Eines Tages werden aus den Fischen Frösche, und mit ihren Füßchen klettern sie ans Ufer, um sich dort miteinander zu amüsieren. Die Eier werden jetzt nicht mehr davongetragen, und Madame Frosch findet das großartig. Wie schön diese Eier sind, denkt sie, wie außerordentlich! Aber sie sehen auch zerbrechlich aus. Also sagt sie zu ihrem Mann: Hör mal, wir müssen diese Eier beschützen.
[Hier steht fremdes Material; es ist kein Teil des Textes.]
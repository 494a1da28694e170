-- ===== src/Flow/Build/Pruned.antt =====
-- What pruning to sinks leaves of a flow tree (internal/flow/flow.go, PruneSinks).
use interactivecodebase.Base.{
  ok-inj, ℕ, ◌-◌, ◌≡◌, refl, ◌⊎◌, ◌∙◌, ap, subst, sym, inl, inr, String, ◌==◌, ==_iff, string_eq,
  true, Option, none, some, List, [], ◌∷◌, map, contains, All, All-append, In, arith, ok, err,
  >>=-eq-ok, Result-cases, Bool-cases,
}
use interactivecodebase.Graph.Kinds.{EdgeKind, handled_by, calls, dispatches_to, queries}
use interactivecodebase.Graph.Model.{Node, Edge}
use interactivecodebase.Graph.Query.{Direction, Neighbor, out}
use interactivecodebase.Graph.Reader.{Reader}
use interactivecodebase.Flow.Tree.{
  Info, Step, step, Steps, nil, cons, of_list, info, id_of, children, to_list-of_list, plain,
  is_sink,
}
use interactivecodebase.Flow.Branches.{group_parallel}
use interactivecodebase.Flow.Branches.Grouped.{group_parallel-All}
use interactivecodebase.Flow.Build.{
  Options, prune_sinks, in_graph, Marks, Built, keeps_only_sinks, runs, is_external, count_call,
  add_tables, shallow, mark_lead, no_marks, with_defaults, expand_handlers, build,
}
use interactivecodebase.Flow.Build.Cases.{
  in_graph-eq-ok, Spec, callees, finished, expand_handlers_rule, build-eq-ok,
}

-- A neighbour is the node that the graph has for its id.
abbrev pub IsCoherent : Reader → Type 0
IsCoherent g =
    (id : String) (dir : Direction) (kinds : List EdgeKind) (nbs : List Neighbor) (nb : Neighbor)
    → g.adjacent id dir kinds ≡ ok nbs
    → In nb nbs
    → g.node nb.node.id ≡ ok nb.node

-- A chain of calls that run for the method leads from the graph's node with this id to a sink.
pub data LeadsToSink (g : Reader) (method : String) : String → Type 0 where
  to_sink :
      (n : Node) (nbs : List Neighbor) (nb : Neighbor)
      → g.node n.id ≡ ok n
      → g.adjacent n.id out (calls ∷ dispatches_to ∷ []) ≡ ok nbs
      → In nb nbs
      → runs method n nb.edge ≡ true
      → is_sink nb.node ≡ true
      → LeadsToSink g method n.id
  to_lead :
      (n : Node) (nbs : List Neighbor) (nb : Neighbor)
      → g.node n.id ≡ ok n
      → g.adjacent n.id out (calls ∷ dispatches_to ∷ []) ≡ ok nbs
      → In nb nbs
      → runs method n nb.edge ≡ true
      → LeadsToSink g method nb.node.id
      → LeadsToSink g method n.id

contains-All :
    (P : String → Type 0) (xs : List String) (a : String) → contains xs a ≡ true → All P xs → P a
unfolding contains
contains-All P (x ∷ xs) a h ps = elim (Bool-cases (a == x)) [
  | inl same ↦ subst P (sym ((==_iff a x).0 same)) ps.0
  | inr differ ↦ contains-All P xs a (rw differ at h) ps.1
]
contains-All P [] a h ps = ground arith

module _ (g : Reader) (method : String) where
  -- A sink, below which are the tables that it queries and nothing else, or a function that was cut off or leads to a sink, with such steps below.
  unfoldable mutual
    pub IsKept : Step → Type 0
    IsKept (step i ss) =
        ((nbs : List Neighbor) × (is_sink i.node ≡ true)
          × (g.adjacent i.node.id out (queries ∷ []) ≡ ok nbs)
          × (ss ≡ of_list (map (λ nb. step (plain nb.node nb.edge) nil) nbs)))
        ⊎ (((i.truncated ≡ true) ⊎ LeadsToSink g method i.node.id) × AllKept ss)

    pub AllKept : Steps → Type 0
    AllKept nil = Unit
    AllKept (cons s ss) = IsKept s × AllKept ss

  AllKept-of_list : (ss : List Step) → All IsKept ss → AllKept (of_list ss)
  unfolding IsKept
  AllKept-of_list [] h = tt
  AllKept-of_list (s ∷ ss) h = (h.0, AllKept-of_list ss h.1)

  count_call-IsKept : (id : String) (ss : List Step) → All IsKept ss → All IsKept (count_call id ss)
  unfolding count_call IsKept
  count_call-IsKept id [] h = tt
  count_call-IsKept id (step i ss ∷ rest) h = elim (Bool-cases (i.node.id == id)) [
    | inl same ↦ rw (same, count_call, IsKept) h
    | inr differ ↦ rw (differ, count_call, IsKept) (h.0, count_call-IsKept id rest h.1)
  ]

  abbrev Leads : Marks → Type 0
  Leads m = All (LeadsToSink g method) m.leads

  -- What a call on `n` returned, if it returned a step.
  abbrev KeptOf : Node → Option Step → Type 0
  KeptOf n none = Unit
  KeptOf n (some s) = IsKept s × ((info s).node ≡ n)

module _ (g : Reader) (opts : Options) (only : opts.prune ≡ prune_sinks)
    (coherent : IsCoherent g) where
  sinks_only : keeps_only_sinks opts.prune ≡ true
  sinks_only = ap keeps_only_sinks only

  add_tables-kept :
      (n : Node) (e : Edge) (t : Step)
      → is_sink n ≡ true
      → add_tables g opts (plain n e) ≡ ok t
      → KeptOf g opts.method n (some t)
  unfolding add_tables IsKept
  add_tables-kept n e t sink h =
      let (nbs, listed, made) = >>=-eq-ok (in_graph (g.adjacent n.id out (queries ∷ []))) _ h in
      subst (λ x. KeptOf g opts.method n (some x)) (ok-inj made)
        (
          inl (nbs, sink, in_graph-eq-ok (g.adjacent n.id out (queries ∷ [])) nbs listed, refl),
          refl,
        )

  led_step :
      (i : Info) (ss : Steps) (m : Marks)
      → contains m.leads i.node.id ≡ true
      → Leads g opts.method m
      → AllKept g opts.method ss
      → IsKept g opts.method (step i ss)
  unfolding IsKept
  led_step i ss m led leads below =
      inr (inr (contains-All (LeadsToSink g opts.method) m.leads i.node.id led leads), below)

  cut_step : (i : Info) → i.truncated ≡ true → IsKept g opts.method (step i nil)
  unfolding IsKept
  cut_step i cut = inr (inl cut, tt)

  abbrev Fine : Node → Option Built → Type 0
  Fine n none = Unit
  Fine n (some (err e)) = Unit
  Fine n (some (ok (o, m))) = Leads g opts.method m × KeptOf g opts.method n o

  shallow-Fine :
      (n : Node) (e : Edge) (path : List String) (m : Marks)
      → Leads g opts.method m
      → Fine n (shallow g opts n e path m)
  unfolding shallow AllKept
  shallow-Fine n e path m leads = elim (Bool-cases (contains path n.id)) [
    | inl cycle ↦ rw (cycle, sinks_only) (leads, tt)
    | inr straight ↦ elim (Bool-cases (is_sink n)) [
      | inl sink ↦ elim (Result-cases (add_tables g opts (plain n e))) [
        | inl (x, failed) ↦ rw (straight, sink, failed) tt
        | inr (t, added) ↦ rw (straight, sink, added) (leads, add_tables-kept n e t sink added)
      ]
      | inr inner ↦ elim (Bool-cases (is_external n)) [
        | inl external ↦ rw (straight, inner, external, only) (leads, tt)
        | inr own ↦ elim (Bool-cases (contains m.expanded n.id)) [
          | inr new ↦ rw (straight, inner, own, new) tt
          | inl again ↦ elim (Bool-cases (contains m.leads n.id)) [
            | inr dry ↦ rw (straight, inner, own, again, dry, sinks_only) (leads, tt)
            | inl led ↦
                rw (straight, inner, own, again, led, sinks_only)
                  (leads, (led_step (record (plain n e) { ref = true }) nil m led leads tt, refl))
          ]
        ]
      ]
    ]
  ]

  shallow-kept :
      (n : Node) (e : Edge) (path : List String) (m m' : Marks) (o : Option Step)
      → Leads g opts.method m
      → shallow g opts n e path m ≡ some (ok (o, m'))
      → Leads g opts.method m' × KeptOf g opts.method n o
  shallow-kept n e path m m' o leads h = subst (Fine n) h (shallow-Fine n e path m leads)

  mark_lead-kept :
      (n : Node) (nbs : List Neighbor) (nb : Neighbor) (s : Step) (m : Marks)
      → g.node n.id ≡ ok n
      → callees g opts n.id ≡ ok nbs
      → In nb nbs
      → runs opts.method n nb.edge ≡ true
      → (info s).node ≡ nb.node
      → Leads g opts.method m
      → Leads g opts.method (mark_lead g opts n s m)
  unfolding mark_lead
  mark_lead-kept n nbs nb s m read listed here run same leads =
      elim (Bool-cases (is_sink (info s).node)) [
        | inl sink ↦
            rw (sink, mark_lead)
              (to_sink n nbs nb read listed here run (ap is_sink (sym same) ∙ sink), leads)
        | inr inner ↦ elim (Bool-cases (contains m.leads (id_of s))) [
          | inl led ↦
              let below = contains-All (LeadsToSink g opts.method) m.leads (id_of s) led leads in
              rw (inner, led, mark_lead)
                (
                  to_lead n nbs nb read listed here run
                      (subst (λ x. LeadsToSink g opts.method x.id) same below),
                  leads,
                )
          | inr dry ↦ rw (inner, dry, mark_lead) leads
        ]
      ]

  finished-kept :
      (n : Node) (e : Edge) (kids : List Step) (m : Marks)
      → Leads g opts.method m
      → All (IsKept g opts.method) kids
      → KeptOf g opts.method n (finished g opts n e kids m)
  finished-kept n e kids m leads kept = elim (Bool-cases (contains m.leads n.id)) [
    | inl led ↦
        rw (sinks_only, led)
          (
            led_step (plain n e) (of_list (group_parallel kids)) m led leads (
                AllKept-of_list g opts.method (group_parallel kids)
                  (group_parallel-All (IsKept g opts.method) kids kept)),
            refl,
          )
    | inr dry ↦ rw (sinks_only, dry) tt
  ]

  keeps : Spec g opts
  keeps = record {
    Post = λ room n m o m'.
        g.node n.id ≡ ok n
        → Leads g opts.method m
        → Leads g opts.method m' × KeptOf g opts.method n o;
    Loop = λ room n m kids m'.
        g.node n.id ≡ ok n
        → Leads g opts.method m
        → Leads g opts.method m' × All (IsKept g opts.method) kids;
    on_shallow = λ room n e path m m' o h read leads. shallow-kept n e path m m' o leads h;
    on_limit = λ n e m read leads.
        (leads, (cut_step (record (plain n e) { truncated = true }) refl, refl));
    on_start = λ room n m new read leads. (leads, tt);
    on_count = λ room n m m' kids id loop read leads.
        ((loop read leads).0, count_call-IsKept g opts.method id kids (loop read leads).1);
    on_none = λ room n m m1 m2 kids nbs nb listed here loop call read leads. (
      (call (coherent n.id out (calls ∷ dispatches_to ∷ []) nbs nb listed here)
          (loop read leads).0).0,
      (loop read leads).1,
    );
    on_some = λ room n m m1 m2 kids nbs nb s listed here run first loop call read leads.
        let (leads', (kept, same)) =
          call (coherent n.id out (calls ∷ dispatches_to ∷ []) nbs nb listed here)
            (loop read leads).0 in
        (
          mark_lead-kept n nbs nb s m2 read listed here run same leads',
          All-append (IsKept g opts.method) kids (s ∷ []) (loop read leads).1 (kept, tt),
        );
    on_end = λ room n e m m' kids loop read leads.
        let (leads', kept) = loop read leads in (leads', finished-kept n e kids m' leads' kept);
  }

  handlers-IsKept :
      (room : ℕ) (root : String) (hs : List Neighbor) (kids : List Step)
      → ((nb : Neighbor) → In nb hs → g.node nb.node.id ≡ ok nb.node)
      → expand_handlers g opts room root hs [] no_marks ≡ ok kids
      → All (IsKept g opts.method) kids
  unfolding keeps
  handlers-IsKept room root hs kids there h =
      (expand_handlers_rule g opts keeps
        (λ k m. Leads g opts.method m × All (IsKept g opts.method) k) room root hs
        (λ nb k m m' here inv p. ((p (there nb here) inv.0).0, inv.1))
        (λ nb k m m' s here inv p.
          let (leads, (kept, same)) = p (there nb here) inv.0 in
          (leads, All-append (IsKept g opts.method) k (s ∷ []) inv.1 (kept, tt)))
        hs [] kids no_marks (λ nb here. here) (tt, tt) h).1.1

-- With PruneSinks, over a graph whose neighbours are the nodes that it has for their ids, each step below the root of
-- a tree that `build` returns is a sink with the tables that it queries below it, or was cut off at the depth limit, or
-- is a function from which a chain of calls that run for the flow's method leads to a sink.
pub build-IsKept :
    (g : Reader) (id : String) (opts : Options) (root : Node) (s : Step)
    → IsCoherent g
    → opts.prune ≡ prune_sinks
    → g.node id ≡ ok root
    → build g id opts ≡ ok s
    → All (IsKept g (with_defaults root opts).method) (children s)
unfolding with_defaults
build-IsKept g id opts root s coherent only read h =
    let b = build-eq-ok g id opts s h in
    let o = with_defaults root opts in
    let same : b.root ≡ root = ok-inj (sym b.read ∙ read) in
    let walked =
      subst
        (λ r.
          expand_handlers g (with_defaults r opts) ((with_defaults r opts).max_depth - 1) r.id
            b.handlers [] no_marks
          ≡ ok b.kids)
        same b.walked in
    let kept =
      handlers-IsKept g o only coherent (o.max_depth - 1) root.id b.handlers b.kids
        (λ nb here. coherent b.root.id out (handled_by ∷ []) b.handlers nb b.listed here) walked in
    let below : children s ≡ b.kids = ap children b.tree ∙ to_list-of_list b.kids in
    subst (All (IsKept g o.method)) (sym below) kept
Aber er hat seine eigenen Vorstellungen, was mit diesen Eiern passieren soll, und da alle Männer Lügner sind und er überhaupt nicht sieht, dass seine Frau soeben die schönste Sache der Welt erfunden hat, nämlich die Liebe, die mit der Liebe einer Mutter zu ihren Kindern beginnt, sagt er: Ja, ja, wir werden die Eier beschützen, und zwar indem wir sie besser machen, widerstandsfähig. Wir machen ein Super-Ei! So leben die beiden vor sich hin, sie glaubt, dass ihr Mann die Eier und Kinder so sehr liebt wie sie, und er hat seine Vision von Fortschritt, von Zivilisation.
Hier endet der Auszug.